** Opening Data records block **

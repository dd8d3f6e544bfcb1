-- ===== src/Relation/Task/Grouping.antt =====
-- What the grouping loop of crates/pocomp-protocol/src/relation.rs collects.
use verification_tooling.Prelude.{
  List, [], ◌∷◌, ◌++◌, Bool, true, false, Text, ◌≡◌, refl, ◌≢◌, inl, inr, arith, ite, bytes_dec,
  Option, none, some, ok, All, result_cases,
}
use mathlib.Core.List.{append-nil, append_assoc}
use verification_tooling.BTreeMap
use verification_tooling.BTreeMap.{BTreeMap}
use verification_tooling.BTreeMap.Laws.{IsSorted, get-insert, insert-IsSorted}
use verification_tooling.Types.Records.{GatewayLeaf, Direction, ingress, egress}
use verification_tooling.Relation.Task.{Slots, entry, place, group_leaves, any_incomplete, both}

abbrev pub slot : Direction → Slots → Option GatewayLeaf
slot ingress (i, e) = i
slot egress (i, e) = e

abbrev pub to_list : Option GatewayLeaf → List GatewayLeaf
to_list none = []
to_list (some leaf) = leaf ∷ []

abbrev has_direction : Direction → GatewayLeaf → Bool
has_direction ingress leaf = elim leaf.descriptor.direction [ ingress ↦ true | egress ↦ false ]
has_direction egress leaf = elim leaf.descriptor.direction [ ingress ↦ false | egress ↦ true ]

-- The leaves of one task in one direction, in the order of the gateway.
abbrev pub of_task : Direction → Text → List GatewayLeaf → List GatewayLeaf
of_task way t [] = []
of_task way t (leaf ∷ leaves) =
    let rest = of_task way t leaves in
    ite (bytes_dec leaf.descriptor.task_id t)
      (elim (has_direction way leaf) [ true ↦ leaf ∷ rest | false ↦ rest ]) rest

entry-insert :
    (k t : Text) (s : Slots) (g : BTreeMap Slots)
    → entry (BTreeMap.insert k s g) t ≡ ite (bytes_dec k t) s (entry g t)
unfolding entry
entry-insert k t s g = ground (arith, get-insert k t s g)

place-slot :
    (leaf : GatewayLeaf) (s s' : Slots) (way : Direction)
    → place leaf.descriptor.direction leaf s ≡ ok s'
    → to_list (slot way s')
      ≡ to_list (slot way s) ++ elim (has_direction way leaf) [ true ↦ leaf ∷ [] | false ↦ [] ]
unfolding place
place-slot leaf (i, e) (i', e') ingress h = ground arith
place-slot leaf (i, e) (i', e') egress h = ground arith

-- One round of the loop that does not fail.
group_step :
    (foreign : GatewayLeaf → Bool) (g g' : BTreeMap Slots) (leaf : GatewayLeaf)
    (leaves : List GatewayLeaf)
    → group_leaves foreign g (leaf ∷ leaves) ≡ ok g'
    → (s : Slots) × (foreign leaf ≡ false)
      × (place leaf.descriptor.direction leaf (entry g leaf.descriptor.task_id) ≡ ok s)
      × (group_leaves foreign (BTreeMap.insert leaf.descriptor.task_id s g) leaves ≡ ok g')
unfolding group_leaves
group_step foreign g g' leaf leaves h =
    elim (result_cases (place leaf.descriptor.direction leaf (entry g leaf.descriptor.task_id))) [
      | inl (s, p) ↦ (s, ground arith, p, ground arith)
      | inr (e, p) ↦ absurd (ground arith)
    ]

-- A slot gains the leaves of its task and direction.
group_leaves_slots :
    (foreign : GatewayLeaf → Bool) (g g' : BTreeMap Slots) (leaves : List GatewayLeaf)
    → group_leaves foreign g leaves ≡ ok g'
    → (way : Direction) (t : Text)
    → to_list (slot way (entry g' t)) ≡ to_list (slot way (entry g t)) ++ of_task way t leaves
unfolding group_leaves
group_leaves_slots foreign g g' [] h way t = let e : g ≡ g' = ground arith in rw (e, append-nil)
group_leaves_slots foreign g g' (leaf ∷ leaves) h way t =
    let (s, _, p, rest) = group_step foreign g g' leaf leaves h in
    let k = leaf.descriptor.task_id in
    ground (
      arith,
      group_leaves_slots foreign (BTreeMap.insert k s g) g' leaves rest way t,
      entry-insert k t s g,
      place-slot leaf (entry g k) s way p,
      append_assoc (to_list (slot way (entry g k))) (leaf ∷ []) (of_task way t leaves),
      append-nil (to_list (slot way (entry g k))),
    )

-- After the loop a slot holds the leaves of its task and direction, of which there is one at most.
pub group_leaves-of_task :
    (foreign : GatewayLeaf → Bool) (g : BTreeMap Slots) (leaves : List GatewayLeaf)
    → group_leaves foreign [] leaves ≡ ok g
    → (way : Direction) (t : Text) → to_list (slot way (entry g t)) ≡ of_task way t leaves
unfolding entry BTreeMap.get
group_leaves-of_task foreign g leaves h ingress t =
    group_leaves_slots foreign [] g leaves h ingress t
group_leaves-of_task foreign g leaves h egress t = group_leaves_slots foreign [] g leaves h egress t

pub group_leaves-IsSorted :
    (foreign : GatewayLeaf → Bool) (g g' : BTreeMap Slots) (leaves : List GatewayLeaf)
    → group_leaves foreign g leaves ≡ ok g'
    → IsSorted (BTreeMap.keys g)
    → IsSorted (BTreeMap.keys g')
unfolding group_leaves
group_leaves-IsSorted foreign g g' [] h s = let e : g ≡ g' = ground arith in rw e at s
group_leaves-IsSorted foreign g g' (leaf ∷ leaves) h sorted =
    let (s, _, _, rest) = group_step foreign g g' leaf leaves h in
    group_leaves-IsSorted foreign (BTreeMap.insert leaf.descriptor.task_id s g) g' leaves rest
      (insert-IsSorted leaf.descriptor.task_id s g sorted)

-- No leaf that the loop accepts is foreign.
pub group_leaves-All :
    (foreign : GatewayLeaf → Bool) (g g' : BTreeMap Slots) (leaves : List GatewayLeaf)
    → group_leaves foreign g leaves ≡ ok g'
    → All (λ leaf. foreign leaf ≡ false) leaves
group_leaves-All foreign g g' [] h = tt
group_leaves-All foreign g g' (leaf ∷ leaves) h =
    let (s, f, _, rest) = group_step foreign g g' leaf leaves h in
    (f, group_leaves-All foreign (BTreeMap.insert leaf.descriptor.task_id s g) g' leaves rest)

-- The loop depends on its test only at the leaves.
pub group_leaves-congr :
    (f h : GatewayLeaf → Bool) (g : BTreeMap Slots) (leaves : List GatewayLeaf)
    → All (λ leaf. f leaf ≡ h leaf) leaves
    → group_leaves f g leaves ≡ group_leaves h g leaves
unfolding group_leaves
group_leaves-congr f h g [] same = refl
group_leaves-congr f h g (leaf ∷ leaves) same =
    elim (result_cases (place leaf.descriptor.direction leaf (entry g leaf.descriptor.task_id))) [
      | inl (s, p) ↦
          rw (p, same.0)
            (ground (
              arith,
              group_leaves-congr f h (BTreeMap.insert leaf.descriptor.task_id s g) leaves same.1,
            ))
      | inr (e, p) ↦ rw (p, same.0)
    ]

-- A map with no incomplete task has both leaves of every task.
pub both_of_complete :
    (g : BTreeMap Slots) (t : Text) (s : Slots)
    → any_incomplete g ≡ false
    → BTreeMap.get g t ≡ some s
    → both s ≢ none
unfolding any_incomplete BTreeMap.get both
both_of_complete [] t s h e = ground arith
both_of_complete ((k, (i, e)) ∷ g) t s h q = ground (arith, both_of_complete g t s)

** Closing Data records block **
** Opening Data records block **

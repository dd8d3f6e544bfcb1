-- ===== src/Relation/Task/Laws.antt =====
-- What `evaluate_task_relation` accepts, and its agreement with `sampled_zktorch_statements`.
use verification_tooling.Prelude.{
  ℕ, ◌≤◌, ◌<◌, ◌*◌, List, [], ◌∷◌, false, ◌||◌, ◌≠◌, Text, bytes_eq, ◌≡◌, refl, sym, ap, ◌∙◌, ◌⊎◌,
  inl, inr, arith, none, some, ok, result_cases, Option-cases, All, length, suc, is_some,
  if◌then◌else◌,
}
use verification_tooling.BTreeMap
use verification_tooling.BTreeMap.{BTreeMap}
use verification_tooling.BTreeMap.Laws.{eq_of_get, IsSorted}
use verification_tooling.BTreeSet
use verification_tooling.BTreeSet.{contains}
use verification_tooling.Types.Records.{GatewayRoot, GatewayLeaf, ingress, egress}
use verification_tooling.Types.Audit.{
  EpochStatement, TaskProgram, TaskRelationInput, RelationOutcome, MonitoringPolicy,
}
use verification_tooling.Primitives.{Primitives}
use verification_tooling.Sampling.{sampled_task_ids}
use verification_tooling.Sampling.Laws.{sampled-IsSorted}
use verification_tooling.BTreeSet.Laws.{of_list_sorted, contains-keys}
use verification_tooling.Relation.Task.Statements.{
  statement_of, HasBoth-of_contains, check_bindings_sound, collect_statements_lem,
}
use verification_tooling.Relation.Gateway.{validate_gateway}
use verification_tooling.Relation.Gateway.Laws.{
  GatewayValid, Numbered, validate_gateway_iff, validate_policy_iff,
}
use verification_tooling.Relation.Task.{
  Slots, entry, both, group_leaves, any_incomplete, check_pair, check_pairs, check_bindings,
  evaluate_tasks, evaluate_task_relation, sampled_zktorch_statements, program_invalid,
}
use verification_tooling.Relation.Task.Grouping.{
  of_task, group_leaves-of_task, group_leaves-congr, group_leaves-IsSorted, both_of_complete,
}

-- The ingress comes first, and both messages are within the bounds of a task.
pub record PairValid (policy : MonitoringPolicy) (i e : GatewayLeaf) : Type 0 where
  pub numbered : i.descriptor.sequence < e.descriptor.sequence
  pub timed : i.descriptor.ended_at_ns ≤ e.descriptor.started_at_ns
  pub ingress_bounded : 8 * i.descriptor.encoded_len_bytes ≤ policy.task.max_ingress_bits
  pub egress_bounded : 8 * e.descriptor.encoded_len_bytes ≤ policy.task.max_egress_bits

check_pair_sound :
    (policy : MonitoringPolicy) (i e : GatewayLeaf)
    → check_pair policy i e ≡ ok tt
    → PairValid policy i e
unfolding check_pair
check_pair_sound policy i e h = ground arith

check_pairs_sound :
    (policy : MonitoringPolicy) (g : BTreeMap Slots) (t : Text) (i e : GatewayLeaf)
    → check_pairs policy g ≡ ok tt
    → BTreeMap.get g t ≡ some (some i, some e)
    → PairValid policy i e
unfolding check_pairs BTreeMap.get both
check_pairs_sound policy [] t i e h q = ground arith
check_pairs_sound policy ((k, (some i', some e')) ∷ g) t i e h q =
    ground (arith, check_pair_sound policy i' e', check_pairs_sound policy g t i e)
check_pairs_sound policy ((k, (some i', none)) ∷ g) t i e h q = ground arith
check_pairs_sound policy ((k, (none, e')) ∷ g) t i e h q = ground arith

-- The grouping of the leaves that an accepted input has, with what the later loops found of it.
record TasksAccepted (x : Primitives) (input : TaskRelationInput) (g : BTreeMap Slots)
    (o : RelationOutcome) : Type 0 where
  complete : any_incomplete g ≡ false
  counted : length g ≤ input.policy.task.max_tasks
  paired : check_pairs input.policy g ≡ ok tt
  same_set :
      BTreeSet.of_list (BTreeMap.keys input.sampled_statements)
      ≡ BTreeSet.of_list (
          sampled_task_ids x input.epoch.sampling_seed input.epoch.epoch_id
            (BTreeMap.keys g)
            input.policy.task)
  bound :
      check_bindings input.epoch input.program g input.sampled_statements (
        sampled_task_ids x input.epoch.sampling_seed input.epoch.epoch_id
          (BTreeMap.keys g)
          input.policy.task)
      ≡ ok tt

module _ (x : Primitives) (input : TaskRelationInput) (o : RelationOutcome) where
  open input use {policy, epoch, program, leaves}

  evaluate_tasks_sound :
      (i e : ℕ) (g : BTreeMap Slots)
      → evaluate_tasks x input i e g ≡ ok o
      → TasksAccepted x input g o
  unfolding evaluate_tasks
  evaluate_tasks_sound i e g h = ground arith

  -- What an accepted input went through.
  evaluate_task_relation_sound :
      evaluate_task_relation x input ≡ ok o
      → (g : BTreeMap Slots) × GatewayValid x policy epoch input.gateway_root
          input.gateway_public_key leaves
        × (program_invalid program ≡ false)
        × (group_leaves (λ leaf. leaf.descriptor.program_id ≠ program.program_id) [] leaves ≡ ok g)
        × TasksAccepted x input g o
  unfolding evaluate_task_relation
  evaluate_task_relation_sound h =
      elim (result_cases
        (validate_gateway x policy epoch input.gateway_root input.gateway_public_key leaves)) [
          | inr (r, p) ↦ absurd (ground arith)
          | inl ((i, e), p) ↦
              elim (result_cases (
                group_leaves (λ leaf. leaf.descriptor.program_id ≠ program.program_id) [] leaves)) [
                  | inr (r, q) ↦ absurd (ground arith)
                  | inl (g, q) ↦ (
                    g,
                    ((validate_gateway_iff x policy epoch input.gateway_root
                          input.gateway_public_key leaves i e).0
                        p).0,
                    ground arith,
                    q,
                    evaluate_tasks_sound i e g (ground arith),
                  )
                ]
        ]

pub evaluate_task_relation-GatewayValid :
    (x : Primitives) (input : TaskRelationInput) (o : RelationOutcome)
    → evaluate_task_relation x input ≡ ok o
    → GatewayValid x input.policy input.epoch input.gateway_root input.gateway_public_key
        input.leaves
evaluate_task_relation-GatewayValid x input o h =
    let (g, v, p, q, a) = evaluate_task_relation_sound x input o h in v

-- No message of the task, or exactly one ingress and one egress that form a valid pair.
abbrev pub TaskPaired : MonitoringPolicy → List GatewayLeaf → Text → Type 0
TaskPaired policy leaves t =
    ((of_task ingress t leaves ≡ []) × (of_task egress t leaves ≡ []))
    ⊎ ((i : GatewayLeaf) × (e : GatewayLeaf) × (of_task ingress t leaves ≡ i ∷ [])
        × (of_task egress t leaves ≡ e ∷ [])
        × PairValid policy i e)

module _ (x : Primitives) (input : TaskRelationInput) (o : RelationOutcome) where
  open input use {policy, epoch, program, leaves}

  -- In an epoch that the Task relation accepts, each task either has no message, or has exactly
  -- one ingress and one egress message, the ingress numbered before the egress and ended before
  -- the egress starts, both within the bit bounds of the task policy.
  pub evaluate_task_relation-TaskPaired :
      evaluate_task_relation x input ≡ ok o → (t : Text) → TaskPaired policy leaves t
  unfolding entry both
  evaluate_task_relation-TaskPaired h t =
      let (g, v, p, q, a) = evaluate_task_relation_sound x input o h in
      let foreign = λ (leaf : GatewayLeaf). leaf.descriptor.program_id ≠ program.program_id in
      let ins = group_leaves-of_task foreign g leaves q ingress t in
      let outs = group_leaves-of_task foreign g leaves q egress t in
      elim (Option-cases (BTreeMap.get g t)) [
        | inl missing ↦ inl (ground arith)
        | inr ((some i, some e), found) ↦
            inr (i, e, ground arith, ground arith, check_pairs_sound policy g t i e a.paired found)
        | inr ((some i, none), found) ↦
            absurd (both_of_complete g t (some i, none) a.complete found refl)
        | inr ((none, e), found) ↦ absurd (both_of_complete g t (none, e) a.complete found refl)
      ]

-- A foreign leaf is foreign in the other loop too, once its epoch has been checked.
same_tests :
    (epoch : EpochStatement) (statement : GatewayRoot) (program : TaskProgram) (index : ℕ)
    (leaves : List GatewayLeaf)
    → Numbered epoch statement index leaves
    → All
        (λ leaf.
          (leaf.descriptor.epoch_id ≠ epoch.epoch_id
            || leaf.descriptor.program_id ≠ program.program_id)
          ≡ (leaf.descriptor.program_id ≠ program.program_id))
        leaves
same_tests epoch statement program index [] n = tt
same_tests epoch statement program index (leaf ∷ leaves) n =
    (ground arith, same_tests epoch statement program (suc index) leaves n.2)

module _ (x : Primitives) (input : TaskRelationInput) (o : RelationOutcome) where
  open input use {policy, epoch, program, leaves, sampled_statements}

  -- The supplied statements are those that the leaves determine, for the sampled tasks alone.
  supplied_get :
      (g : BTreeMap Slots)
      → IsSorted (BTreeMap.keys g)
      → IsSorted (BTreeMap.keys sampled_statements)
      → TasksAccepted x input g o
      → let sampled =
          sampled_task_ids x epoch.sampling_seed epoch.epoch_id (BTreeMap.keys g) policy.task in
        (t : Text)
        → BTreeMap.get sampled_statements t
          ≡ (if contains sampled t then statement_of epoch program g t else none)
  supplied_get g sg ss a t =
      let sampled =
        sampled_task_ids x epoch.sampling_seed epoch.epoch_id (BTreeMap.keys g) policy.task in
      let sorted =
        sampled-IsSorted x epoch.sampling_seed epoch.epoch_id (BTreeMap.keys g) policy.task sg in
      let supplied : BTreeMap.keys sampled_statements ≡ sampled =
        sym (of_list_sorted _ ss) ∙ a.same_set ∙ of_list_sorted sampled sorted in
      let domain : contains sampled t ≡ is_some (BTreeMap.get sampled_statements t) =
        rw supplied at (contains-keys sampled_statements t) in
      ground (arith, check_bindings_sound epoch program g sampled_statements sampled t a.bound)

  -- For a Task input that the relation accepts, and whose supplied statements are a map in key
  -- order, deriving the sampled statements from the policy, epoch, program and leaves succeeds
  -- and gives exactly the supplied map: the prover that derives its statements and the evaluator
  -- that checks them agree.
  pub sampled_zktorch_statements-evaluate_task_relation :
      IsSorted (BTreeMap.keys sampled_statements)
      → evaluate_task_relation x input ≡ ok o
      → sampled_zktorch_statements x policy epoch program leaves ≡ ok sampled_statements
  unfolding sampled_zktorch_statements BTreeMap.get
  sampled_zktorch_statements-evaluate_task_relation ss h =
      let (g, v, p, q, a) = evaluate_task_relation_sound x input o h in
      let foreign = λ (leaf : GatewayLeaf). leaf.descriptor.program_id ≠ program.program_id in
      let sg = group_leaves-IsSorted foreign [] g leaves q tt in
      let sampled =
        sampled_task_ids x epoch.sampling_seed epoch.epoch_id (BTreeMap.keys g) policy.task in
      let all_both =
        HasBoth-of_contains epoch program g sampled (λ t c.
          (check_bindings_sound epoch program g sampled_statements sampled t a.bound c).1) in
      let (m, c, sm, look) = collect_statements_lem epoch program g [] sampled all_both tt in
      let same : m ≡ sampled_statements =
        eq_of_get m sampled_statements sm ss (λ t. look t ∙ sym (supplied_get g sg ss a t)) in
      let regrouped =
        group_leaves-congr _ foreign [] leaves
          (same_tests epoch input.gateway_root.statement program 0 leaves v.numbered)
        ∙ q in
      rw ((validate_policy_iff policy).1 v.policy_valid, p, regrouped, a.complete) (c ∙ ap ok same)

** Closing Data records block **

Activity
Where a line of the entries contains "antt", report that line.

Final answer
-- ===== src/Relation/Task/Grouping.antt =====
-- ===== src/Relation/Task/Laws.antt =====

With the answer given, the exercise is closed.